Just wondering if there are any other idiot breeders trying to impress potential customers with their fluency in another language??


----------



## Fodder (Oct 21, 2007)

not an idiot, not a breeder, but gia certainly impressed _me_ by picking up italian & hand signals so easily after only hearing english for 4yrs.


----------



## DianaM (Jan 5, 2006)

My dog knows commands in English, German, hand, and whistle. I plan on bringing in some Hungarian as well. Thing is, English can be pretty weak when used with some standard commands. German is strong, firm, and carries a long distance. Hungarian is great if you want to butter up an animal.







Hand signals are fun and sometimes required (and dogs pay more attention to body language) and whistle command knowledge is awesome because whistles CARRY. 

You could train your dog in Klingon. Heck, you could teach it to sit when you burp. Dogs don't care about languages, it's just the association of sounds to behaviors.


----------



## Brightelf (Sep 5, 2001)

Idiot? Hmmm...

My dog knows only German commands.


----------



## Liesje (Mar 4, 2007)

Not really any language. My commands are in English, Dutch, and German and they know hand signals and body cues.


----------



## sleachy (Aug 10, 2001)

Toozer understands baby talk.


----------



## AbbyK9 (Oct 11, 2005)

We do a mixture of English, German, and hand signals.


----------



## RebelGSD (Mar 20, 2008)

English, German, Hungarian and hand signals.


----------



## Chris Wild (Dec 14, 2001)

SchH commands are German. Most of the everyday, around the house commands are English with a few hand signals.

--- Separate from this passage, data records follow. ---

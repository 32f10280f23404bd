-- ===== src/Settings.antt =====
-- The settings namespace: a document of sections with revisions
-- (rust/crates/vocoderd/src/machines/settings.rs).
pub mod Redact
pub mod Writes
pub mod Secrets
pub mod Revisions
mod Examples
use text.Mathlib.Text.{starts_with}
use dsh_rs.Base.{
  ℕ, String, concat, Option, none, some, List, [], ◌∷◌, Bool, true, false, ◌||◌, str_eq,
  if◌then◌else◌,
}
use dsh_rs.Base.Dict.{Dict}
use dsh_rs.Json.{Value}
use dsh_rs.Router.Effects.{EffectId}

pub record CatalogEntry : Type 0 where
  pub ns : String
  pub schema : String
  pub secrets : List String

abbrev entry : String → List String → CatalogEntry
entry ns secrets = record { ns = ns; schema = ns; secrets = secrets }

-- The namespaces that the host registers.
abbrev pub catalog : List CatalogEntry
catalog =
    entry "agent-default-model" []
    ∷ entry "agent-loop" []
    ∷ entry "agent-presets" []
    ∷ entry "llm-deepseek" []
    ∷ entry "llm-pi-ai" []
    ∷ entry "locale" []
    ∷ entry "permission" []
    ∷ entry "shell" []
    ∷ entry "subagent-model-selection" []
    ∷ entry "ui-chat" []
    ∷ entry "ui-conversation" []
    ∷ entry "ui-onboarding" []
    ∷ entry "ui-theme" []
    ∷ entry "web-search-deepseek" ("apiKey" ∷ [])
    ∷ []

-- `catalog().iter().find(|e| e.ns == ns)`
unfoldable pub find : String → List CatalogEntry → Option CatalogEntry
find ns [] = none
find ns (e ∷ es) = if str_eq e.ns ns then some e else find ns es

abbrev pub is_some {ℓ} : {A : Type ℓ} → Option A → Bool
is_some none = false
is_some (some _) = true

unfoldable pub is_registered : String → Bool
is_registered ns = is_some (find ns catalog)

unfoldable pub secret_match : String → String → Bool
secret_match selector path = str_eq path selector || starts_with path (concat selector ".")

pub record Document : Type 0 where
  pub sections : Dict Value
  pub revisions : Dict ℕ

pub record Settings : Type 0 where
  pub file : String
  pub document : Document
  pub bases : Dict Value
  pub has_document : Bool
  pub effects : ℕ
  pub pending_write : Option (EffectId × String)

> Originally Posted By: CVF_K
> 
> Just wondering if there are any other idiot breeders trying to impress potential customers with their fluency in another language??


I don't think using another language makes someone an idiot.









As for this particular person, I doubt he was trying to impress anyone either. You mentioned his dogs are imports, so it's pretty normal to try to communicate with the dogs using words and commands they already know.


----------



## Catu (Sep 6, 2007)

I'm an idiot then, but I'm not a breeder, if that helps you.


----------



## elfwofle (Dec 22, 2007)

I use German, English and hand signals.... then again, I also use "the evil eye" when my dog does something she knows she isnt suppose to. However, I am not breeder either.


----------



## Strongheart (May 2, 2007)

Telepathy.


----------



## IliamnasQuest (Aug 24, 2005)

I think the "idiot" comment was a little off-base - choice of languages has nothing to do with impressing people or being a breeder.

My dogs understand any language I choose to teach them. To the dogs, it makes no difference - they simply learn to respond in a predictable way to a specific word or sound. I use some German because it's convenient, and I have some "words" that I've made up (such as "toogle" and "scoo") for specific behaviors. My intent is to have very clear verbal commands so that my dogs don't confuse one command with another (which is much more important than worrying about using a particular language or impressing anyone). 

I would expect that imported dogs would be primarily trained in the language of the country of export, so a breeder wouldn't be using that language to impress anyone.

Melanie and the gang in Alaska


----------



## Liesje (Mar 4, 2007)

> Originally Posted By: IliamnasQuestI think the "idiot" comment was a little off-base - choice of languages has nothing to do with impressing people or being a breeder.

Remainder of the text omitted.